The development raised hopes that Mr Trichet might be able to broker a deal and appease market concerns about the viability of the eurozone, where currency, bond and equity markets have been left in turmoil by the "contagion" sweeping through Greece, Spain, Portugal and other highly indebted eurozone member states.
Strictly speaking, such a bailout is illegal under the Maastricht Treaty and the European Stability and Growth Pact, though few doubt that exceptional times could justify exceptional measures, if the alternative is even greater pressure on the weaker members of the eurozone to leave.
Yesterday, credit default swap (CDS) spreads on 10-year Greek government bonds eased, from 428 to 403 basis points, representing a reduction in the cost of insuring such paper against default.
The ECB said Trichet had changed his travel plans purely because of logistics. Even so, the attendance of the EMU central banker at a meeting of heads of government is highly significant.
Meanwhile, the Greek government once again pledged to maintain their austerity programme, promising to increase the retirement age, raise fuel taxes and accelerate reforms.
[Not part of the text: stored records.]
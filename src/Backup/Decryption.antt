-- ===== src/Backup/Decryption.antt =====
-- The search for a key that decrypts a backup: `PgpDecryptionHelper::decrypt`
-- (api/crates/backup/src/decryption.rs) and `lookup_secret_key` (api/crates/backup/src/pgp.rs).
-- OpenPGP is a parameter. A release build is modelled: a packet without a recipient is only logged.
pub mod Unlocked
mod Tests
use prose_pod_server.Common.{
  Bool, true, false, Option, none, some, List, [], ◌∷◌, Text, not, if◌then◌else◌,
}

-- What is called of OpenPGP, with the configured passphrases and the callback of the decryptor.
-- `candidates` are the keys of a certificate that are valid at the date of the backup, supported,
-- alive, not revoked, made for encryption at rest and have a secret part.
pub record Pgp : Type 1 where
  pub Pkesk : Type 0
  pub Cert : Type 0
  pub Key : Type 0
  pub Keypair : Type 0
  pub SessionKey : Type 0
  pub recipient : Pkesk → Option Text
  pub is_tsk : Cert → Bool
  pub candidates : Cert → List Key
  pub has_handle : Text → Key → Bool
  pub is_encrypted : Key → Bool
  pub into_keypair : Key → Option Keypair
  pub decrypt_secret : Key → Text → Option Key
  pub key_fingerprint : Key → Text
  pub cert_fingerprint : Cert → Text
  pub decrypt_pkesk : Pkesk → Keypair → Option SessionKey
  pub accepts : SessionKey → Bool
  pub passphrases : Text → Option Text

-- What a pass over the recipients ends with: a certificate and its key, an error, or nothing.
pub data Pass (C K : Type 0) : Type 0 where
  found : C → K → Pass C K
  aborted : Pass C K
  exhausted : Pass C K

infixl 5 ◌>>=◌
abbrev pub ◌>>=◌ : {A B : Type 0} → Option A → (A → Option B) → Option B
none >>= f = none
some a >>= f = f a

module _ (pgp : Pgp) where
  open pgp use {Pkesk, Cert, Key, Keypair}

  unfoldable pub find_key : Text → List Key → Option Key
  find_key handle [] = none
  find_key handle (k ∷ ks) =
      let rest = find_key handle ks in if pgp.has_handle handle k then some k else rest

  -- The keys of the first certificate that has the recipient's, or the lookup in the others.
  abbrev pub or_else : Cert → Option (Cert × Key) → Option Key → Option (Cert × Key)
  or_else cert rest none = rest
  or_else cert rest (some k) = some (cert, k)

  unfoldable pub lookup_secret_key : Text → List Cert → Option (Cert × Key)
  lookup_secret_key handle [] = none
  lookup_secret_key handle (c ∷ cs) =
      let rest = lookup_secret_key handle cs in
      if pgp.is_tsk c then or_else c rest (find_key handle (pgp.candidates c)) else rest

  abbrev pub Recipient : Type 0
  Recipient = Pkesk × Cert × Key

  abbrev pub recipient_key : List Cert → Pkesk → Option (Cert × Key)
  recipient_key tsks p = do handle ← pgp.recipient p; lookup_secret_key handle tsks

  abbrev pub recipient_onto : Pkesk → List Recipient → Option (Cert × Key) → List Recipient
  recipient_onto p rest none = rest
  recipient_onto p rest (some (c, k)) = (p, c, k) ∷ rest

  unfoldable pub recipients : List Cert → List Pkesk → List Recipient
  recipients tsks [] = []
  recipients tsks (p ∷ ps) = recipient_onto p (recipients tsks ps) (recipient_key tsks p)

  abbrev pub session_accepted : Option pgp.SessionKey → Bool
  session_accepted none = false
  session_accepted (some sk) = pgp.accepts sk

  -- `pkesk.decrypt(…).map(decrypt).unwrap_or(false)`
  abbrev pub opens : Pkesk → Keypair → Bool
  opens p kp = session_accepted (pgp.decrypt_pkesk p kp)

  abbrev pub opens_with : Pkesk → Option Keypair → Bool
  opens_with p none = false
  opens_with p (some kp) = opens p kp

  -- A recipient of the first pass whose key is not encrypted.
  unfoldable pub try_plain : Recipient → Pass Cert Key → Option Keypair → Pass Cert Key
  try_plain (p, c, k) rest none = aborted
  try_plain (p, c, k) rest (some kp) = if opens p kp then found c k else rest

  unfoldable pub first_pass : List Recipient → Pass Cert Key
  first_pass [] = exhausted
  first_pass ((p, c, k) ∷ rs) =
      let rest = first_pass rs in
      if pgp.is_encrypted k then rest else try_plain (p, c, k) rest (pgp.into_keypair k)

  -- The keypair that the passphrase for a fingerprint gives.
  abbrev pub unlock : Key → Text → Option Keypair
  unlock k fingerprint = do
    passphrase ← pgp.passphrases fingerprint
    decrypted ← pgp.decrypt_secret k passphrase
    pgp.into_keypair decrypted

  unfoldable pub second_pass : List Recipient → Pass Cert Key
  second_pass [] = exhausted
  second_pass ((p, c, k) ∷ rs) =
      let rest = second_pass rs in
      if not (pgp.is_encrypted k)
      then rest
      else if opens_with p (unlock k (pgp.key_fingerprint k))
      then found c k
      else if opens_with p (unlock k (pgp.cert_fingerprint c))
      then found c k
      else rest

  unfoldable pub on_first : Pass Cert Key → Pass Cert Key → Pass Cert Key
  on_first (found c k) second = found c k
  on_first aborted second = aborted
  on_first exhausted second = second

  -- `exhausted` is the error that no key matches.
  unfoldable pub decrypt : List Cert → List Pkesk → Pass Cert Key
  decrypt tsks pkesks = let rs = recipients tsks pkesks in on_first (first_pass rs) (second_pass rs)
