-- ===== src/Backup/Decryption/Unlocked.antt =====
-- A key that decrypts was found among the certificates and opens a packet of the backup.
use prose_pod_server.Common.{
  ◌≡◌, refl, sym, ◌∙◌, ap, true, false, Option, none, some, List, [], ◌∷◌, Text, ◌⊎◌, inl, inr,
  Bool-cases,
}
use prose_pod_server.Common.Members.{IsIn}
use prose_pod_server.Backup.Decryption.{
  Pgp, Pass, found, aborted, exhausted, find_key, or_else, lookup_secret_key, Recipient,
  recipient_key, recipient_onto, recipients, opens, opens_with, try_plain, first_pass, unlock,
  second_pass, on_first, decrypt, ◌>>=◌,
}

module _ (pgp : Pgp) where
  open pgp use {Pkesk, Cert, Key, Keypair}

  find_key-IsIn :
      (handle : Text) (ks : List Key) (k : Key)
      → find_key pgp handle ks ≡ some k
      → IsIn k ks × (pgp.has_handle handle k ≡ true)
  unfolding find_key
  find_key-IsIn handle [] k h = cc
  find_key-IsIn handle (x ∷ ks) k h = elim (Bool-cases (pgp.has_handle handle x)) [
    | inl hit ↦
        let e : some x ≡ some k = simp hit at h in
        let e' : x ≡ k = cc in (inl (sym e'), ap (pgp.has_handle handle) (sym e') ∙ hit)
    | inr miss ↦ let (i, t) = find_key-IsIn handle ks k (simp miss at h) in (inr i, t)
  ]

  -- A secret key of a certificate among `tsks`, for the handle.
  abbrev pub IsKey : Text → List Cert → Cert → Key → Type 0
  IsKey handle tsks c k =
      IsIn c tsks
      × (pgp.is_tsk c ≡ true)
      × IsIn k (pgp.candidates c)
      × (pgp.has_handle handle k ≡ true)

  or_else-cases :
      (x c : Cert) (k : Key) (rest : Option (Cert × Key)) (o : Option Key)
      → or_else pgp x rest o ≡ some (c, k)
      → ((x ≡ c) × (o ≡ some k)) ⊎ (rest ≡ some (c, k))
  or_else-cases x c k rest none h = inr h
  or_else-cases x c k rest (some k') h = inl (cc, cc)

  lookup-IsKey :
      (handle : Text) (tsks : List Cert) (c : Cert) (k : Key)
      → lookup_secret_key pgp handle tsks ≡ some (c, k)
      → IsKey handle tsks c k
  unfolding lookup_secret_key
  lookup-IsKey handle [] c k h = cc
  lookup-IsKey handle (x ∷ cs) c k h = elim (Bool-cases (pgp.is_tsk x)) [
    | inl tsk ↦
        elim (or_else-cases x c k (lookup_secret_key pgp handle cs)
          (find_key pgp handle (pgp.candidates x)) (simp tsk at h)) [
            | inl (same_cert, e) ↦
                let (i, t) = find_key-IsIn handle (pgp.candidates x) k e in
                rw (← same_cert) (inl refl, tsk, i, t)
            | inr e ↦ let (i, t, j, m) = lookup-IsKey handle cs c k e in (inr i, t, j, m)
          ]
    | inr no_tsk ↦
        let (i, t, j, m) = lookup-IsKey handle cs c k (simp no_tsk at h) in (inr i, t, j, m)
  ]

  recipient_onto-IsIn :
      (p' p : Pkesk) (c : Cert) (k : Key) (rest : List (Recipient pgp)) (o : Option (Cert × Key))
      → IsIn (p, c, k) (recipient_onto pgp p' rest o)
      → ((p ≡ p') × (o ≡ some (c, k))) ⊎ IsIn (p, c, k) rest
  recipient_onto-IsIn p' p c k rest none i = inr i
  recipient_onto-IsIn p' p c k rest (some (c', k')) (inl e) =
      inl (ap (λ r. r.0) e, sym (ap (λ r. some (r.1, r.2)) e))
  recipient_onto-IsIn p' p c k rest (some (c', k')) (inr i) = inr i

  recipients-IsIn :
      (tsks : List Cert) (ps : List Pkesk) (p : Pkesk) (c : Cert) (k : Key)
      → IsIn (p, c, k) (recipients pgp tsks ps)
      → IsIn p ps × (recipient_key pgp tsks p ≡ some (c, k))
  unfolding recipients
  recipients-IsIn tsks [] p c k i = absurd i
  recipients-IsIn tsks (p' ∷ ps) p c k i =
      elim (recipient_onto-IsIn p' p c k (recipients pgp tsks ps) (recipient_key pgp tsks p') i) [
        | inl (e, o) ↦ (inl e, ap (recipient_key pgp tsks) e ∙ o)
        | inr j ↦ let (l, o) = recipients-IsIn tsks ps p c k j in (inr l, o)
      ]

  recipient_key-handle :
      (tsks : List Cert) (c : Cert) (k : Key) (o : Option Text)
      → (o >>= (λ handle. lookup_secret_key pgp handle tsks)) ≡ some (c, k)
      → (handle : Text) × (o ≡ some handle) × (lookup_secret_key pgp handle tsks ≡ some (c, k))
  recipient_key-handle tsks c k none h = cc
  recipient_key-handle tsks c k (some handle) h = (handle, refl, h)

  -- The secret part of the key, as it is or unlocked by the passphrase for one of the two
  -- fingerprints, opens the packet with a session key that the decryptor accepts.
  abbrev pub Unlocks : Pkesk → Cert → Key → Type 0
  Unlocks p c k =
      ((pgp.is_encrypted k ≡ false) × (opens_with pgp p (pgp.into_keypair k) ≡ true))
      ⊎ ((pgp.is_encrypted k ≡ true)
          × ((opens_with pgp p (unlock pgp k (pgp.key_fingerprint k)) ≡ true)
              ⊎ (opens_with pgp p (unlock pgp k (pgp.cert_fingerprint c)) ≡ true)))

  abbrev Found : List (Recipient pgp) → Cert → Key → Type 0
  Found rs c k = (p : Pkesk) × IsIn (p, c, k) rs × Unlocks p c k

  later :
      (r : Recipient pgp) (rs : List (Recipient pgp)) (c : Cert) (k : Key)
      → Found rs c k
      → Found (r ∷ rs) c k
  later r rs c k (p, i, u) = (p, inr i, u)

  here :
      (p : Pkesk) (x c : Cert) (y k : Key) (rs : List (Recipient pgp))
      → Unlocks p x y
      → ◌≡◌ {A = Pass Cert Key} (found x y) (found c k)
      → Found ((p, x, y) ∷ rs) c k
  here p x c y k rs u e =
      let same_cert : x ≡ c = cc in
      let same_key : y ≡ k = cc in rw (← same_cert, ← same_key) (p, inl refl, u)

  try_plain-found :
      (p : Pkesk) (x c : Cert) (y k : Key) (rest : Pass Cert Key) (o : Option Keypair)
      → try_plain pgp (p, x, y) rest o ≡ found c k
      → ((opens_with pgp p o ≡ true) × (◌≡◌ {A = Pass Cert Key} (found x y) (found c k)))
        ⊎ (rest ≡ found c k)
  unfolding try_plain
  try_plain-found p x c y k rest none h = cc
  try_plain-found p x c y k rest (some kp) h = elim (Bool-cases (opens pgp p kp)) [
    | inl open_it ↦ inl (open_it, simp open_it at h)
    | inr shut ↦ inr (simp shut at h)
  ]

  first_pass-Found :
      (rs : List (Recipient pgp)) (c : Cert) (k : Key)
      → first_pass pgp rs ≡ found c k
      → Found rs c k
  unfolding first_pass
  first_pass-Found [] c k h = cc
  first_pass-Found ((p, x, y) ∷ rs) c k h = elim (Bool-cases (pgp.is_encrypted y)) [
    | inl enc ↦ later (p, x, y) rs c k (first_pass-Found rs c k (simp enc at h))
    | inr plain ↦
        elim (try_plain-found p x c y k (first_pass pgp rs) (pgp.into_keypair y)
          (simp plain at h)) [
            | inl (opened, e) ↦ here p x c y k rs (inl (plain, opened)) e
            | inr e ↦ later (p, x, y) rs c k (first_pass-Found rs c k e)
          ]
  ]

  second_pass-Found :
      (rs : List (Recipient pgp)) (c : Cert) (k : Key)
      → second_pass pgp rs ≡ found c k
      → Found rs c k
  unfolding second_pass
  second_pass-Found [] c k h = cc
  second_pass-Found ((p, x, y) ∷ rs) c k h = elim (Bool-cases (pgp.is_encrypted y)) [
    | inr plain ↦ later (p, x, y) rs c k (second_pass-Found rs c k (simp plain at h))
    | inl enc ↦ elim (Bool-cases (opens_with pgp p (unlock pgp y (pgp.key_fingerprint y)))) [
      | inl by_key ↦ here p x c y k rs (inr (enc, inl by_key)) (simp (enc, by_key) at h)
      | inr not_key ↦ elim (Bool-cases (opens_with pgp p (unlock pgp y (pgp.cert_fingerprint x)))) [
        | inl by_cert ↦
            here p x c y k rs (inr (enc, inr by_cert)) (simp (enc, not_key, by_cert) at h)
        | inr not_cert ↦
            later (p, x, y) rs c k (second_pass-Found rs c k (simp (enc, not_key, not_cert) at h))
      ]
    ]
  ]

  on_first-Found :
      (rs : List (Recipient pgp)) (c : Cert) (k : Key) (first : Pass Cert Key)
      → first_pass pgp rs ≡ first
      → on_first pgp first (second_pass pgp rs) ≡ found c k
      → Found rs c k
  unfolding on_first
  on_first-Found rs c k (found x y) e h = first_pass-Found rs c k (e ∙ h)
  on_first-Found rs c k aborted e h = cc
  on_first-Found rs c k exhausted e h = second_pass-Found rs c k h

  -- The key that decrypts a backup is a secret key of one of the certificates, valid for the recipient
  -- of one of its packets, and it opens that packet: as it is, or with the passphrase for its own or
  -- its certificate's fingerprint.
  pub decrypt-Unlocks :
      (tsks : List Cert) (pkesks : List Pkesk) (c : Cert) (k : Key)
      → decrypt pgp tsks pkesks ≡ found c k
      → (p : Pkesk) × (handle : Text) × IsIn p pkesks
        × (pgp.recipient p ≡ some handle)
        × IsKey handle tsks c k
        × Unlocks p c k
  unfolding decrypt
  decrypt-Unlocks tsks pkesks c k h =
      let rs = recipients pgp tsks pkesks in
      let (p, i, u) = on_first-Found rs c k (first_pass pgp rs) refl h in
      let (j, e) = recipients-IsIn tsks pkesks p c k i in
      let (handle, r, l) = recipient_key-handle tsks c k (pgp.recipient p) e in
      (p, handle, j, r, lookup-IsKey handle tsks c k l, u)
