-- ===== src/Backup/Decryption/Tests.antt =====
-- A backup for two recipients, the second of whom has a key with a passphrase.
use prose_pod_server.Common.{
  ◌≡◌, refl, true, Option, none, some, List, [], ◌∷◌, Text, text, same, text_dec, if◌then◌else◌,
}
use prose_pod_server.Common.Members.{IsIn}
use prose_pod_server.Backup.Decryption.{
  Pgp, find_key, lookup_secret_key, recipients, try_plain, first_pass, second_pass, on_first,
  decrypt,
}
use prose_pod_server.Backup.Decryption.Unlocked.{IsKey, Unlocks, decrypt-Unlocks}

-- A packet is its recipient, a certificate is its only key, and the fingerprint of a certificate is not
-- that of its key.
abbrev keyring : Pgp
keyring = record {
  Pkesk = Text;
  Cert = Text;
  Key = Text;
  Keypair = Text;
  SessionKey = Text;
  recipient = λ p. some p;
  is_tsk = λ c. true;
  candidates = λ c. c ∷ [];
  has_handle = λ handle k. same handle k;
  is_encrypted = λ k. same k (text "locked");
  into_keypair = λ k. some k;
  decrypt_secret =
      λ k passphrase. if same passphrase (text "secret") then some (text "open") else none;
  key_fingerprint = λ k. k;
  cert_fingerprint = λ c. text "CERT";
  decrypt_pkesk = λ p kp. some kp;
  accepts = λ sk. same sk (text "open");
  passphrases =
      λ fingerprint. if same fingerprint (text "CERT") then some (text "secret") else none;
}

abbrev certificates : List Text
certificates = text "other" ∷ text "locked" ∷ []

decrypt-Unlocks_example :
    (p : Text) × (handle : Text) × IsIn p (text "other" ∷ text "locked" ∷ [])
    × (◌≡◌ {A = Option Text} (some p) (some handle))
    × IsKey keyring handle certificates (text "locked") (text "locked")
    × Unlocks keyring p (text "locked") (text "locked")
unfolding decrypt recipients lookup_secret_key find_key first_pass second_pass try_plain on_first
    text_dec
decrypt-Unlocks_example =
    decrypt-Unlocks keyring certificates (text "other" ∷ text "locked" ∷ []) (text "locked")
      (text "locked") refl
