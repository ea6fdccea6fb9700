-- ===== src/Backup/Id/Url.antt =====
-- `urlencode_component` under the documented behaviour of the `urlencoding` crate.
use prose_pod_server.Common.{
  ℕ, ◌+◌, ◌/◌, ◌%◌, ◌≤◌, ◌<◌, ◌≡◌, ◌≢◌, refl, sym, ap, ◌∙◌, Bool, true, false, none, some, [], ◌∷◌,
  ◌++◌, ◌&&◌, ◌||◌, ◌⊎◌, Text, text, leb, ltb, ◌==◌, if◌then◌else◌, has_byte, replace,
  replace-append, All, arith, inl, inr, Bool-cases,
}
use prose_pod_server.Backup.Id.{External, urlencode_component, dash, dot, slash}

-- The bytes that `urlencoding::encode` leaves alone: letters, digits and `-_.~`.
abbrev pub is_unreserved : ℕ → Bool
is_unreserved c =
    leb b'a' c && leb c b'z'
    || leb b'A' c && leb c b'Z'
    || leb b'0' c && leb c b'9'
    || c == b'-'
    || c == b'_'
    || c == b'.'
    || c == b'~'

abbrev pub hex : ℕ → ℕ
hex d = if ltb d 10 then b'0' + d else 55 + d

abbrev pub percent : ℕ → Text
percent c = b'%' ∷ hex (c / 16) ∷ hex (c % 16) ∷ []

-- What the crate documents. `unescape` puts back percent-encoded bytes, and `decode` refuses a
-- result that is not UTF-8.
pub record UrlLaws (ext : External) : Type 0 where
  pub unescape : Text → Text
  pub is_utf8 : Text → Bool
  pub encode-nil : ext.encode [] ≡ []
  pub encode-cons :
      (c : ℕ) (s : Text)
      → ext.encode (c ∷ s) ≡ (if is_unreserved c then c ∷ [] else percent c) ++ ext.encode s
  pub unescape-nil : unescape [] ≡ []
  pub unescape-cons : (c : ℕ) (s : Text) → c ≢ b'%' → unescape (c ∷ s) ≡ c ∷ unescape s
  pub unescape-percent : (c : ℕ) (s : Text) → c < 256 → unescape (percent c ++ s) ≡ c ∷ unescape s
  pub decode_lem :
      (s : Text) → ext.decode s ≡ (if is_utf8 (unescape s) then some (unescape s) else none)

abbrev pub IsBytes : Text → Type 0
IsBytes = All (λ c. c < 256)

escaped : ℕ → Text
escaped c =
    if is_unreserved c
    then if c == dash then percent dash else if c == dot then percent dot else c ∷ []
    else percent c

abbrev replaced : Text → Text
replaced t = replace slash (text "%2F") (replace dot (text "%2E") (replace dash (text "%2D") t))

-- A digit of a percent code is none of the replaced bytes.
replaced-percent : (c : ℕ) → replaced (percent c) ≡ percent c
unfolding replace
replaced-percent c = ground arith

replaced-one : (c : ℕ) → is_unreserved c ≡ true → replaced (c ∷ []) ≡ escaped c
unfolding replace escaped
replaced-one c h = ground arith

escaped-coded : (c : ℕ) → is_unreserved c ≡ false → escaped c ≡ percent c
unfolding escaped
escaped-coded c h = rw h

replaced-encoded : (c : ℕ) → replaced (if is_unreserved c then c ∷ [] else percent c) ≡ escaped c
replaced-encoded c = elim (Bool-cases (is_unreserved c)) [
  | inl plain ↦ rw plain (replaced-one c plain)
  | inr coded ↦ rw coded (replaced-percent c ∙ sym (escaped-coded c coded))
]

-- A byte that splits an identifier, or a path.
abbrev pub IsSeparator : ℕ → Type 0
IsSeparator b = (b ≡ dash) ⊎ (b ≡ dot) ⊎ (b ≡ slash)

has_byte-percent : (b c : ℕ) → b ≤ slash → b ≢ b'%' → has_byte b (percent c) ≡ false
has_byte-percent b c h k = ground arith

has_byte-escaped : (b c : ℕ) → IsSeparator b → has_byte b (escaped c) ≡ false
unfolding escaped
has_byte-escaped b c h = elim (Bool-cases (is_unreserved c)) [
  | inl plain ↦ rw plain (ground arith)
  | inr coded ↦ rw coded (has_byte-percent b c (ground arith) (ground arith))
]

has_byte-append : (b : ℕ) (s t : Text) → has_byte b (s ++ t) ≡ (has_byte b s || has_byte b t)
has_byte-append b [] t = refl
has_byte-append b (c ∷ s) t = ground (arith, has_byte-append b s t)

module _ (ext : External) (url : UrlLaws ext) where
  urlencode_component-cons :
      (c : ℕ) (s : Text) → urlencode_component ext (c ∷ s) ≡ escaped c ++ urlencode_component ext s
  unfolding urlencode_component
  urlencode_component-cons c s =
      rw (url.encode-cons c s, replace-append, replace-append, replace-append)
        (ap (λ t. t ++ urlencode_component ext s) (replaced-encoded c))

  urlencode_component-nil : urlencode_component ext [] ≡ []
  unfolding urlencode_component replace
  urlencode_component-nil = rw url.encode-nil

  -- No separator stands in an encoded component: no dash and no dot, so that the identifier splits
  -- where it was joined, and no slash, so that it names no other directory.
  pub has_byte-urlencode_component :
      (b : ℕ) (s : Text) → IsSeparator b → has_byte b (urlencode_component ext s) ≡ false
  has_byte-urlencode_component b [] h = rw urlencode_component-nil
  has_byte-urlencode_component b (c ∷ s) h = rw (
    urlencode_component-cons c s,
    has_byte-append b (escaped c),
    has_byte-escaped b c h,
    has_byte-urlencode_component b s h,
  )

  unescape-escaped :
      (c : ℕ) (s : Text) → c < 256 → url.unescape (escaped c ++ s) ≡ c ∷ url.unescape s
  unfolding escaped
  unescape-escaped c s h = ground (
    arith,
    url.unescape-percent c s,
    url.unescape-percent dash s,
    url.unescape-percent dot s,
    url.unescape-cons c s,
  )

  unescape-urlencode_component :
      (s : Text) → IsBytes s → url.unescape (urlencode_component ext s) ≡ s
  unescape-urlencode_component [] h = rw urlencode_component-nil url.unescape-nil
  unescape-urlencode_component (c ∷ s) h =
      rw (urlencode_component-cons c s, unescape-escaped c (urlencode_component ext s) h.0)
        (ap (◌∷◌ c) (unescape-urlencode_component s h.1))

  -- A text, which is UTF-8, is decoded from its encoded component.
  pub decode-urlencode_component :
      (s : Text)
      → IsBytes s
      → url.is_utf8 s ≡ true
      → ext.decode (urlencode_component ext s) ≡ some s
  decode-urlencode_component s h u =
      rw (url.decode_lem (urlencode_component ext s), unescape-urlencode_component s h, u)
Nonetheless, Greek unions plan a day of action tomorrow in protest at the government's measures.
The Greek prime minister, George Papandreou, told his cabinet that the measures "must go ahead now... with greater speed. Our primary duty now is to save the economy and reduce the debt, aiming to do so through the fairest possible solutions that will protect – as far as that is possible – the weaker and middle classes".
Mr Papandreou says that he wants to lop 4 percentage points off Greece's budget deficit next year. It is currently approaching 13 per cent of GDP, the highest in the EU, and Greece says it will be below the old Maastricht guideline of 3 per cent of GDP by 2012. Greek government bonds have suffered more than most from the uncertainty during the current crisis, with investors demanding about 4 per cent more in yield than from the equivalent German bund, the lowest eurzone risk.
A concerted effort by the EU and the ECB to guarantee Greece's debts may defuse the crisis. Referring to the various austerity programmes now under way, the president of Germany's Bundesbank, Axel Weber, told Reuters TV: "Now actions have to follow words and we are waiting for that."